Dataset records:
====

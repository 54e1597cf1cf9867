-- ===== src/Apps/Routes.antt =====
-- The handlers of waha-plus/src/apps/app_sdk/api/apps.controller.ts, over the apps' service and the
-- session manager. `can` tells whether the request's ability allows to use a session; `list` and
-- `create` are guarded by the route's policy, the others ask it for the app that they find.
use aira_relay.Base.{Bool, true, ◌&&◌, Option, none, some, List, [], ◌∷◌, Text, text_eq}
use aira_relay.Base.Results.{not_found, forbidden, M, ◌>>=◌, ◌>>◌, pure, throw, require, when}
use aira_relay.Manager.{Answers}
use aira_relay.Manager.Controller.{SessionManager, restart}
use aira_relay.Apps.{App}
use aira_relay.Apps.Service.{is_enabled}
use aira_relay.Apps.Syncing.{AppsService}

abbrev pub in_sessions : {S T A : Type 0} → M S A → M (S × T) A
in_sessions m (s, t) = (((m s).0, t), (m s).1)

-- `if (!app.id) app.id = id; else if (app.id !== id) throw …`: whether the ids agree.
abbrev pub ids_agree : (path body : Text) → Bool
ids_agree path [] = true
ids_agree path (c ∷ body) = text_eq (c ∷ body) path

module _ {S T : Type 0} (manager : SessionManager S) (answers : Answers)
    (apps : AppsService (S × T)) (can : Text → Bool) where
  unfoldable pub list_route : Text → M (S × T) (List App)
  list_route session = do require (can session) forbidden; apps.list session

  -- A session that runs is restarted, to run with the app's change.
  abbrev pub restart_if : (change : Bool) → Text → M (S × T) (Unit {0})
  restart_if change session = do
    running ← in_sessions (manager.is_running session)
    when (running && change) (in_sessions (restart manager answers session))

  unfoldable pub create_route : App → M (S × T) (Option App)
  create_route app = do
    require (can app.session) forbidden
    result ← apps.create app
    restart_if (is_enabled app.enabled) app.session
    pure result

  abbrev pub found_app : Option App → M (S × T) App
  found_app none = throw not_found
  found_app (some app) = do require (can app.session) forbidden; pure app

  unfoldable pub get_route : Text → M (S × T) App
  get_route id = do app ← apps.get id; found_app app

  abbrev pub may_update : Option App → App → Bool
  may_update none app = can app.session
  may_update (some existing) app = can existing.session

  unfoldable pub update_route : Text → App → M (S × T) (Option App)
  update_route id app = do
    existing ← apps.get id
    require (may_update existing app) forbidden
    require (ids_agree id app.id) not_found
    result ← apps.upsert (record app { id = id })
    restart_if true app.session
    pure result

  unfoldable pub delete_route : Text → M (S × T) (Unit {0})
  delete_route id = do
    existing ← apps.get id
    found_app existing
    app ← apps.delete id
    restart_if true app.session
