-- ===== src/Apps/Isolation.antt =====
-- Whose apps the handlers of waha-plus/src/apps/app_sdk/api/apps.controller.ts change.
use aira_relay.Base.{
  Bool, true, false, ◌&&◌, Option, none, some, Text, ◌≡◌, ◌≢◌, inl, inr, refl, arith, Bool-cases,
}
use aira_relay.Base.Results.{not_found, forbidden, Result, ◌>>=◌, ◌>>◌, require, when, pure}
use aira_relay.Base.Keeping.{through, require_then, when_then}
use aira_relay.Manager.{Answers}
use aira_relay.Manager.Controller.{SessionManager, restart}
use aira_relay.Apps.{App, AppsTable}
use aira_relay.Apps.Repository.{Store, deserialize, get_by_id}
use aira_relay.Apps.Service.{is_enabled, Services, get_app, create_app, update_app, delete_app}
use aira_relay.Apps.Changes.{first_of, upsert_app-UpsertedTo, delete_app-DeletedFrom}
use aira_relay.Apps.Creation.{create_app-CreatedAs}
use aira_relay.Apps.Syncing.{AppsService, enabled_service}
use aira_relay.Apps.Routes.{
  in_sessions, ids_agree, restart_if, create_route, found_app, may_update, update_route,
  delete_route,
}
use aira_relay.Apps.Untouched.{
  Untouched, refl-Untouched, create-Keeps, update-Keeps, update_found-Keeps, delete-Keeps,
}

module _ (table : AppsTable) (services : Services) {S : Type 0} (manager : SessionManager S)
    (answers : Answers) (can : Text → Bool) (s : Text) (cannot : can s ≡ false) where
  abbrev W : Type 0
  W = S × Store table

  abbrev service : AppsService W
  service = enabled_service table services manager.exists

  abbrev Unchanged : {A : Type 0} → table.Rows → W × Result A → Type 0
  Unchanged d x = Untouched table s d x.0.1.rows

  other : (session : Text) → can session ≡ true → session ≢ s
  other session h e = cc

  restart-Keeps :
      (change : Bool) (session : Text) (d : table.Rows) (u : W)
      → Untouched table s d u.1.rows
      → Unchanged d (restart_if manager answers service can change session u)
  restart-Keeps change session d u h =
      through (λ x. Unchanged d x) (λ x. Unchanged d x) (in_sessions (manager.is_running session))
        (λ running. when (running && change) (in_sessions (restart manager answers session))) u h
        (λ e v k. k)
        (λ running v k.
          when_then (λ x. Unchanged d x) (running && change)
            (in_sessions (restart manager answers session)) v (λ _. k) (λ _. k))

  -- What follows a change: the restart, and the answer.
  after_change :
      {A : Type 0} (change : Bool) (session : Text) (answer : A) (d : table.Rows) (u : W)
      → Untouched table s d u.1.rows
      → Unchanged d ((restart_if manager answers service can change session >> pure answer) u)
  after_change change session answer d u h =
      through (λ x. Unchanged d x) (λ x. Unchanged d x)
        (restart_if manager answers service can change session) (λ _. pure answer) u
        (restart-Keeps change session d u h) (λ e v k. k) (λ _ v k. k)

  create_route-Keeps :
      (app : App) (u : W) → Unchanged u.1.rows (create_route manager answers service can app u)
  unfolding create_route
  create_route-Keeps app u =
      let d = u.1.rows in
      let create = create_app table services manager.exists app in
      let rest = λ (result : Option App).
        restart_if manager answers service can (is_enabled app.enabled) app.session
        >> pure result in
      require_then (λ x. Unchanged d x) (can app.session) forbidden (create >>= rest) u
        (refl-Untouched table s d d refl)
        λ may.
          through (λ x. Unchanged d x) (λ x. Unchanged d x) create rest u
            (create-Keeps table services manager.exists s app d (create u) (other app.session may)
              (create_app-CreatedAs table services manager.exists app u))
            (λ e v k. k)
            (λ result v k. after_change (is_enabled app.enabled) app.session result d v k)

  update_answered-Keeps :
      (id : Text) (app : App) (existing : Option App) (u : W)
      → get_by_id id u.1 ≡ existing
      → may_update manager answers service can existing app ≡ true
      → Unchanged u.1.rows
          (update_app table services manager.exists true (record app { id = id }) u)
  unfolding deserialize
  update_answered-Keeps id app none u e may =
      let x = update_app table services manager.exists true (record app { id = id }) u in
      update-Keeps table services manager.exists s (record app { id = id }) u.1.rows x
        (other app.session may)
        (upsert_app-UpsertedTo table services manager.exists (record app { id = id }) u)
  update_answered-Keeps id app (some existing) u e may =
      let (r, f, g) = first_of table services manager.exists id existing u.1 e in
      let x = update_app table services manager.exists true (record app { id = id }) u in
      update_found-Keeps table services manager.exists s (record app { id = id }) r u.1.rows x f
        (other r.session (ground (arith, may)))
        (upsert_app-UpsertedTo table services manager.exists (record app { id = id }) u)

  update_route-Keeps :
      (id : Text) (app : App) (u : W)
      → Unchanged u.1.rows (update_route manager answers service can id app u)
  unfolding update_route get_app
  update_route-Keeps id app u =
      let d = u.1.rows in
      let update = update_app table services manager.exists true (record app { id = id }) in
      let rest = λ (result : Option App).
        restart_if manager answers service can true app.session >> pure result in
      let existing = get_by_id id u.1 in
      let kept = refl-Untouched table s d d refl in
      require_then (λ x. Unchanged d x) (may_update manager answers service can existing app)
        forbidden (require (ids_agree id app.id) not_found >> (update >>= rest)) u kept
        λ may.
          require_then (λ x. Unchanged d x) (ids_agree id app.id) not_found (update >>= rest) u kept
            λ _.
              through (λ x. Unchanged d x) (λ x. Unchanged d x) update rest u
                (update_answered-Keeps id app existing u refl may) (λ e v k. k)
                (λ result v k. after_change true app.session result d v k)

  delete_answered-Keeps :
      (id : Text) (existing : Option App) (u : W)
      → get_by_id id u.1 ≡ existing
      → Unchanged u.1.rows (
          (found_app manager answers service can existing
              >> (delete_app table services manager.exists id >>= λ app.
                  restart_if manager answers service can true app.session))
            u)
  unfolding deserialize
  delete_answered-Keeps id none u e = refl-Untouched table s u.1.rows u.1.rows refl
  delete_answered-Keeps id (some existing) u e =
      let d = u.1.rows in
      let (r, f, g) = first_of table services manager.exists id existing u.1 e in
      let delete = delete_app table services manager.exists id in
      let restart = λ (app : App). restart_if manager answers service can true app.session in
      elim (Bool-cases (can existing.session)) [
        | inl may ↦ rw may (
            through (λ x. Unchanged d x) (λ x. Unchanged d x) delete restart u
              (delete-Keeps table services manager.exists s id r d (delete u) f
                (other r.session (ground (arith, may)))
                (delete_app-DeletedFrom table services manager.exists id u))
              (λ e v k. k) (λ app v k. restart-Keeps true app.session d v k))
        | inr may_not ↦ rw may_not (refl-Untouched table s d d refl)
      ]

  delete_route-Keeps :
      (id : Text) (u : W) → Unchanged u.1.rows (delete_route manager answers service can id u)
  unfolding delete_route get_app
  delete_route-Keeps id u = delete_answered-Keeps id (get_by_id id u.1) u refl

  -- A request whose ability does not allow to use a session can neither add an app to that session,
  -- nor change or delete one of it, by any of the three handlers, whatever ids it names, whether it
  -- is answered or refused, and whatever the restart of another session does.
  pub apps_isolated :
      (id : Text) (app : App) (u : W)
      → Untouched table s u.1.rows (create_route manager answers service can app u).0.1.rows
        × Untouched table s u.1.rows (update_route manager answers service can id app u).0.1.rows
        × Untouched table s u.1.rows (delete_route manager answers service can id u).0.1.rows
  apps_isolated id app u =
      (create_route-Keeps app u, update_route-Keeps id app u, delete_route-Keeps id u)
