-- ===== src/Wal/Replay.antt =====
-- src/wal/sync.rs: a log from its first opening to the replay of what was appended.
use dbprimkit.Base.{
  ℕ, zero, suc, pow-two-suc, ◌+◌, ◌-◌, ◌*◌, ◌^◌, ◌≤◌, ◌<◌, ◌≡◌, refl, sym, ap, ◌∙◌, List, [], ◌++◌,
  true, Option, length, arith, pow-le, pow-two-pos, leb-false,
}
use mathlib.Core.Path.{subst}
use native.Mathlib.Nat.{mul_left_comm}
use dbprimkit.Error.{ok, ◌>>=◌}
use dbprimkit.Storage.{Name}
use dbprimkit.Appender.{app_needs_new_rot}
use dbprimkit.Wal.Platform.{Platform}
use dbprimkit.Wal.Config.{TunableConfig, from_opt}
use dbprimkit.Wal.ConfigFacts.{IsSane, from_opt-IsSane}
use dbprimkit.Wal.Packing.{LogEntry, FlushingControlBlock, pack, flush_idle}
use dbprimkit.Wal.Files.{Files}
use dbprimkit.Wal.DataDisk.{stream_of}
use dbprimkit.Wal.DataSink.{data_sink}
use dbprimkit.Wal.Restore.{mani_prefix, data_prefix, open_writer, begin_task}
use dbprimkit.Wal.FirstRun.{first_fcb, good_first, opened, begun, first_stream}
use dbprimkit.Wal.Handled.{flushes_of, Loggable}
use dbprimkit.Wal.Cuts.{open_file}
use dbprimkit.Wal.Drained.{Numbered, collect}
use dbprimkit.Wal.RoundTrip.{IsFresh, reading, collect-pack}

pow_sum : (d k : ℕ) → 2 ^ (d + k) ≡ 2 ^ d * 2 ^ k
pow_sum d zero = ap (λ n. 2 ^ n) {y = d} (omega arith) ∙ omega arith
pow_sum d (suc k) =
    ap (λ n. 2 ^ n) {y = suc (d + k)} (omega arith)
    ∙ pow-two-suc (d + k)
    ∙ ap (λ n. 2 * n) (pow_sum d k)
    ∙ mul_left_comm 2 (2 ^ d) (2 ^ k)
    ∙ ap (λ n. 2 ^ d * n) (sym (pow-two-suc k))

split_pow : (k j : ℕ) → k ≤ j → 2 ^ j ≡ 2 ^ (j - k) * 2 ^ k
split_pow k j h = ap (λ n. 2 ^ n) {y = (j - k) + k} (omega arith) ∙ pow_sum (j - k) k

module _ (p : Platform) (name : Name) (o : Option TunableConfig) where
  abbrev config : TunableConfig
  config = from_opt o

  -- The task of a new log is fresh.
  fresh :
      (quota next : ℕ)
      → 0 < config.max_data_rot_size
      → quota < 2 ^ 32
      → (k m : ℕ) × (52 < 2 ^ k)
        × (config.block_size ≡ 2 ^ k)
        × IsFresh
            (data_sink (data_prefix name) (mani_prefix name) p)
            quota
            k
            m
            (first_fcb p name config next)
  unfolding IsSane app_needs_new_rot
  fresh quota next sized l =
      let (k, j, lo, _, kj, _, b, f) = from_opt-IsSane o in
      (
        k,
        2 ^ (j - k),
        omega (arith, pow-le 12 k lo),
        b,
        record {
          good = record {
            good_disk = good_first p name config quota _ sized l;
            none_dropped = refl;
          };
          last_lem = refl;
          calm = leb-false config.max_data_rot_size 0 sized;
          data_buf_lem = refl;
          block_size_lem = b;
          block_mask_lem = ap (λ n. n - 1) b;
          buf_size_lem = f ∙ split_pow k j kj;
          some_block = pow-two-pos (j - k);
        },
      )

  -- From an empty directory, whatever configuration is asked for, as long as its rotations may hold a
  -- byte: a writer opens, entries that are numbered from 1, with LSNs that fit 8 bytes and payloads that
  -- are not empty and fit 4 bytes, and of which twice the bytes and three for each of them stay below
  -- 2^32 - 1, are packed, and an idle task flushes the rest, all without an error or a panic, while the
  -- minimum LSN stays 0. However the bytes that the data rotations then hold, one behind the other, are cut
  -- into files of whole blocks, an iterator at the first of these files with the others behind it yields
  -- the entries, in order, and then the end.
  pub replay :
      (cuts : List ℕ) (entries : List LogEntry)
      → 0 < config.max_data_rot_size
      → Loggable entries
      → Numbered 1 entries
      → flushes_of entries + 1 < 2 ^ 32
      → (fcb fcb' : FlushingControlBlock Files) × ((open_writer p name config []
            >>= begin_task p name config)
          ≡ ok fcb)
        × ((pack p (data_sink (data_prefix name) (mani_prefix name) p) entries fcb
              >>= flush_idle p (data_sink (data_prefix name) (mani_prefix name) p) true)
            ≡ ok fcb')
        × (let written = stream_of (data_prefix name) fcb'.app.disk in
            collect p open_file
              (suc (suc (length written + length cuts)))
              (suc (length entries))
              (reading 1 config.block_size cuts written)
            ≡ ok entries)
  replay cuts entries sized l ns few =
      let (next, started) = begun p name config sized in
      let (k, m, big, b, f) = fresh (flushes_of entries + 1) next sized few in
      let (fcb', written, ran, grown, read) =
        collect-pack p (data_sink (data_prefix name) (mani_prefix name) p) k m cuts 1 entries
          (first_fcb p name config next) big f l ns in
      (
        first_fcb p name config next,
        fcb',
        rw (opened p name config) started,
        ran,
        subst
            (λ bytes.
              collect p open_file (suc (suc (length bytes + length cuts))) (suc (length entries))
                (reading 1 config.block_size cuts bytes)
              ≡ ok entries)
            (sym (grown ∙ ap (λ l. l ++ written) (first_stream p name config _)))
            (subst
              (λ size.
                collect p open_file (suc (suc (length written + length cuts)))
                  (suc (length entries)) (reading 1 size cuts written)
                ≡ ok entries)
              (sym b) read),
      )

====

- _What to work on_
Look through the data above and return exactly the lines from the one that contains "buf_size_lem = f" to the one that contains "let (next, started)", inclusive, with nothing else.

- _Completed task_
          buf_size_lem = f ∙ split_pow k j kj;
          some_block = pow-two-pos (j - k);
        },
      )

  -- From an empty directory, whatever configuration is asked for, as long as its rotations may hold a
  -- byte: a writer opens, entries that are numbered from 1, with LSNs that fit 8 bytes and payloads that
  -- are not empty and fit 4 bytes, and of which twice the bytes and three for each of them stay below
  -- 2^32 - 1, are packed, and an idle task flushes the rest, all without an error or a panic, while the
  -- minimum LSN stays 0. However the bytes that the data rotations then hold, one behind the other, are cut
  -- into files of whole blocks, an iterator at the first of these files with the others behind it yields
  -- the entries, in order, and then the end.
  pub replay :
      (cuts : List ℕ) (entries : List LogEntry)
      → 0 < config.max_data_rot_size
      → Loggable entries
      → Numbered 1 entries
      → flushes_of entries + 1 < 2 ^ 32
      → (fcb fcb' : FlushingControlBlock Files) × ((open_writer p name config []
            >>= begin_task p name config)
          ≡ ok fcb)
        × ((pack p (data_sink (data_prefix name) (mani_prefix name) p) entries fcb
              >>= flush_idle p (data_sink (data_prefix name) (mani_prefix name) p) true)
            ≡ ok fcb')
        × (let written = stream_of (data_prefix name) fcb'.app.disk in
            collect p open_file
              (suc (suc (length written + length cuts)))
              (suc (length entries))
              (reading 1 config.block_size cuts written)
            ≡ ok entries)
  replay cuts entries sized l ns few =
      let (next, started) = begun p name config sized in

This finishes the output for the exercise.